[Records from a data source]
══════

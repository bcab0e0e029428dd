-- ===== src/Drivers/Console/Bounds.antt =====
-- The console of kernel/src/drivers/fbconsole.c stays within its buffers.
use goofyos.Base.{
  ℕ, zero, suc, ◌+◌, ◌-◌, ◌*◌, ◌/◌, ◌%◌, ◌^◌, ◌≤◌, ◌<◌, ◌≡◌, refl, Bool, true, false, ◌&&◌, ◌||◌,
  List, [], ◌∷◌, ◌++◌, arith, inl, inr, Bool-cases, ◌==◌, ltb, leb, length, length-append, All,
  leb→gt, sym,
}
use goofyos.Drivers.Console.{
  Item, Console, console_flush, cell, is_drawn, make_room, enqueue, queue_push, scroll_row,
  scroll_rows, clear_row, scroll, console_carriage_return, console_write_glyph, step_right,
  wrap_line, write_byte, write_bytes, console_write,
}

-- An item lies on a screen of `w` by `h` characters.
abbrev pub Fits : ℕ → ℕ → Item → Type 0
Fits w h i = (i.x < w) × (i.y < h)

-- The screen is not empty, the queue fits its buffer, and what is queued or drawn lies on the screen.
pub record InBounds (w h : ℕ) (s : Console) : Type 0 where
  pub width : s.width_char ≡ w
  pub height : s.height_char ≡ h
  pub wide : 0 < w
  pub high : 0 < h
  pub room : length s.queue ≤ w * h
  pub queued : All (Fits w h) s.queue
  pub shown : All (Fits w h) s.drawn
  pub row : s.cursor_y < h

-- The cursor is on the screen too.
pub record IsReady (w h : ℕ) (s : Console) : Type 0 where
  pub inside : InBounds w h s
  pub column : s.cursor_x < w

All-append : (P : Item → Type 0) (xs ys : List Item) → All P xs → All P ys → All P (xs ++ ys)
All-append P [] ys a b = b
All-append P (x ∷ xs) ys a b = (a.0, All-append P xs ys a.1 b)

pub console_flush-InBounds :
    (w h : ℕ) (s : Console) → InBounds w h s → InBounds w h (console_flush s)
unfolding console_flush
console_flush-InBounds w h s b = record {
  width = b.width;
  height = b.height;
  wide = b.wide;
  high = b.high;
  room = omega arith;
  queued = tt;
  shown = All-append (Fits w h) s.drawn s.queue b.shown b.queued;
  row = b.row;
}

positive : (w h : ℕ) → 0 < w → 0 < h → 0 < w * h
positive w h p q = grind arith

make_room-InBounds : (w h : ℕ) (s : Console) → InBounds w h s → InBounds w h (make_room s)
unfolding make_room
make_room-InBounds w h s b =
    elim (Bool-cases (leb (s.width_char * s.height_char) (length s.queue))) [
      | inl e ↦ rw e (console_flush-InBounds w h s b)
      | inr e ↦ rw e b
    ]

flush_empty : (s : Console) → length (console_flush s).queue ≡ 0
unfolding console_flush
flush_empty s = refl

make_room-free : (w h : ℕ) (s : Console) → InBounds w h s → length (make_room s).queue < w * h
unfolding make_room
make_room-free w h s b =
    let p = positive w h b.wide b.high in
    elim (Bool-cases (leb (s.width_char * s.height_char) (length s.queue))) [
      | inl e ↦ rw (e, flush_empty s) p
      | inr e ↦
          rw (e, sym b.width, sym b.height)
            (leb→gt (s.width_char * s.height_char) (length s.queue) e)
    ]

enqueue-InBounds :
    (w h : ℕ) (i : Item) (s : Console)
    → InBounds w h s
    → length s.queue < w * h
    → Fits w h i
    → InBounds w h (enqueue i s)
unfolding enqueue
enqueue-InBounds w h i s b r f =
    let l = length-append s.queue (i ∷ []) in
    record {
      width = b.width;
      height = b.height;
      wide = b.wide;
      high = b.high;
      room = rw l (omega arith);
      queued = All-append (Fits w h) s.queue (i ∷ []) b.queued (f, tt);
      shown = b.shown;
      row = b.row;
    }

pub queue_push-InBounds :
    (w h : ℕ) (i : Item) (s : Console) → InBounds w h s → Fits w h i → InBounds w h (queue_push i s)
unfolding queue_push
queue_push-InBounds w h i s b f = elim (Bool-cases (is_drawn (s.term_buffer (cell s i)) i)) [
  | inl e ↦ rw e b
  | inr e ↦
      rw e (
        enqueue-InBounds w h i (make_room s) (make_room-InBounds w h s b) (make_room-free w h s b)
          f)
]

-- A push leaves the cursor alone.
queue_push-cursor_x : (i : Item) (s : Console) → (queue_push i s).cursor_x ≡ s.cursor_x
unfolding queue_push enqueue make_room console_flush
queue_push-cursor_x i s = ground arith

scroll_row-InBounds :
    (left w h i j : ℕ) (s : Console)
    → InBounds w h s
    → i - 1 < h
    → j + left ≤ w
    → InBounds w h (scroll_row left i j s)
unfolding scroll_row
scroll_row-InBounds zero w h i j s b p q = b
scroll_row-InBounds (suc left) w h i j s b p q =
    let tar : ℕ = s.term_buffer (i * s.width_char + j) in
    scroll_row-InBounds left w h i (j + 1)
      (queue_push (record { c = tar % 2 ^ 8; col = tar / 2 ^ 8; x = j; y = i - 1 }) s)
      (queue_push-InBounds w h (record { c = tar % 2 ^ 8; col = tar / 2 ^ 8; x = j; y = i - 1 }) s b
        (omega arith, p))
      p (omega arith)

scroll_rows-InBounds :
    (left w h i : ℕ) (s : Console)
    → InBounds w h s
    → i + left ≤ h
    → InBounds w h (scroll_rows left i s)
unfolding scroll_rows
scroll_rows-InBounds zero w h i s b p = b
scroll_rows-InBounds (suc left) w h i s b p =
    scroll_rows-InBounds left w h (i + 1) (scroll_row s.width_char i 0 s)
      (scroll_row-InBounds s.width_char w h i 0 s b (omega arith) (let q = b.width in omega arith))
      (omega arith)

clear_row-InBounds :
    (left w h j : ℕ) (s : Console)
    → InBounds w h s
    → j + left ≤ w
    → InBounds w h (clear_row left j s)
unfolding clear_row
clear_row-InBounds zero w h j s b q = b
clear_row-InBounds (suc left) w h j s b q =
    let i : Item = record { c = b' '; col = s.color; x = j; y = s.height_char - 1 } in
    let e = b.height in
    let n = b.high in
    clear_row-InBounds left w h (j + 1) (queue_push i s)
      (queue_push-InBounds w h i s b (omega arith, omega arith)) (omega arith)

move_x-InBounds :
    (w h x : ℕ) (s : Console) → InBounds w h s → InBounds w h (record s { cursor_x = x })
move_x-InBounds w h x s b = record {
  width = b.width;
  height = b.height;
  wide = b.wide;
  high = b.high;
  room = b.room;
  queued = b.queued;
  shown = b.shown;
  row = b.row;
}

pub scroll-IsReady : (w h : ℕ) (s : Console) → InBounds w h s → IsReady w h (scroll s)
unfolding scroll
scroll-IsReady w h s b =
    let e = b.height in
    let n = b.high in
    let t : Console = scroll_rows (s.height_char - 1) 1 s in
    record {
      inside = move_x-InBounds w h 0 (clear_row s.width_char 0 t) (
          clear_row-InBounds s.width_char w h 0 t
            (scroll_rows-InBounds (s.height_char - 1) w h 1 s b (omega arith))
            (let q = b.width in omega arith));
      column = b.wide;
    }

next_row :
    (w h : ℕ) (s : Console)
    → InBounds w h s
    → s.cursor_y + 1 < h
    → InBounds w h (record s { cursor_x = 0; cursor_y = s.cursor_y + 1 })
next_row w h s b p = record {
  width = b.width;
  height = b.height;
  wide = b.wide;
  high = b.high;
  room = b.room;
  queued = b.queued;
  shown = b.shown;
  row = p;
}

pub console_carriage_return-IsReady :
    (w h : ℕ) (s : Console) → InBounds w h s → IsReady w h (console_carriage_return s)
unfolding console_carriage_return
console_carriage_return-IsReady w h s b = elim (Bool-cases (leb s.height_char (s.cursor_y + 1))) [
  | inl e ↦ rw e (scroll-IsReady w h s b)
  | inr e ↦ rw e (record {
    inside = next_row w h s b (rw (sym b.height) (leb→gt s.height_char (s.cursor_y + 1) e));
    column = b.wide;
  })
]

console_write_glyph-InBounds :
    (w h c : ℕ) (s : Console) → IsReady w h s → InBounds w h (step_right (console_write_glyph c s))
unfolding console_write_glyph step_right
console_write_glyph-InBounds w h c s r =
    let i : Item = record { c = c; x = s.cursor_x; y = s.cursor_y; col = s.color } in
    move_x-InBounds w h ((queue_push i s).cursor_x + 1) (queue_push i s)
      (queue_push-InBounds w h i s r.inside (r.column, r.inside.row))

or_left : (a b : Bool) → (a || b) ≡ false → a ≡ false
or_left false b e = refl
or_left true b e = e

wrap_line-IsReady : (w h cur : ℕ) (s : Console) → InBounds w h s → IsReady w h (wrap_line cur s)
unfolding wrap_line
wrap_line-IsReady w h cur s b = elim (Bool-cases (leb s.width_char s.cursor_x || (cur == 0x0a))) [
  | inl e ↦ rw e (console_carriage_return-IsReady w h s b)
  | inr e ↦ rw e (record {
    inside = b;
    column =
        rw (sym b.width)
          (leb→gt s.width_char s.cursor_x (or_left (leb s.width_char s.cursor_x) (cur == 0x0a) e));
  })
]

write_byte-IsReady : (w h cur : ℕ) (s : Console) → IsReady w h s → IsReady w h (write_byte cur s)
unfolding write_byte
write_byte-IsReady w h cur s r = elim (Bool-cases (leb 0x20 cur && ltb cur 0x80)) [
  | inl e ↦ rw e (
      wrap_line-IsReady w h cur (step_right (console_write_glyph cur s))
        (console_write_glyph-InBounds w h cur s r))
  | inr e ↦ rw e (wrap_line-IsReady w h cur s r.inside)
]

write_bytes-IsReady :
    (w h : ℕ) (str : List ℕ) (s : Console) → IsReady w h s → IsReady w h (write_bytes str s)
unfolding write_bytes
write_bytes-IsReady w h [] s r = r
write_bytes-IsReady w h (c ∷ str) s r =
    write_bytes-IsReady w h str (write_byte c s) (write_byte-IsReady w h c s r)

flush-IsReady : (w h : ℕ) (s : Console) → IsReady w h s → IsReady w h (console_flush s)
unfolding console_flush
flush-IsReady w h s r = record { inside = console_flush-InBounds w h s r.inside; column = r.column }

-- On a console whose cursor and whose queued and drawn items lie on its screen and whose queue fits
-- its buffer, console_write leaves these true for any string, and leaves the queue empty.
pub console_write-IsReady :
    (w h : ℕ) (str : List ℕ) (s : Console)
    → IsReady w h s
    → IsReady w h (console_write str s) × (length (console_write str s).queue ≡ 0)
unfolding console_write
console_write-IsReady w h str s r = (
  flush-IsReady w h (write_bytes str s) (write_bytes-IsReady w h str s r),
  flush_empty (write_bytes str s),
)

══════

_Goal of the exercise_:
Here the output must be the lines above from the line with "x = s.cursor_x;" to the line with "(console_carriage_return-IsReady w h s b)", both included, duplicated word for word and nothing else.

_Response to this exercise_:
    let i : Item = record { c = c; x = s.cursor_x; y = s.cursor_y; col = s.color } in
    move_x-InBounds w h ((queue_push i s).cursor_x + 1) (queue_push i s)
      (queue_push-InBounds w h i s r.inside (r.column, r.inside.row))

or_left : (a b : Bool) → (a || b) ≡ false → a ≡ false
or_left false b e = refl
or_left true b e = e

wrap_line-IsReady : (w h cur : ℕ) (s : Console) → InBounds w h s → IsReady w h (wrap_line cur s)
unfolding wrap_line
wrap_line-IsReady w h cur s b = elim (Bool-cases (leb s.width_char s.cursor_x || (cur == 0x0a))) [
  | inl e ↦ rw e (console_carriage_return-IsReady w h s b)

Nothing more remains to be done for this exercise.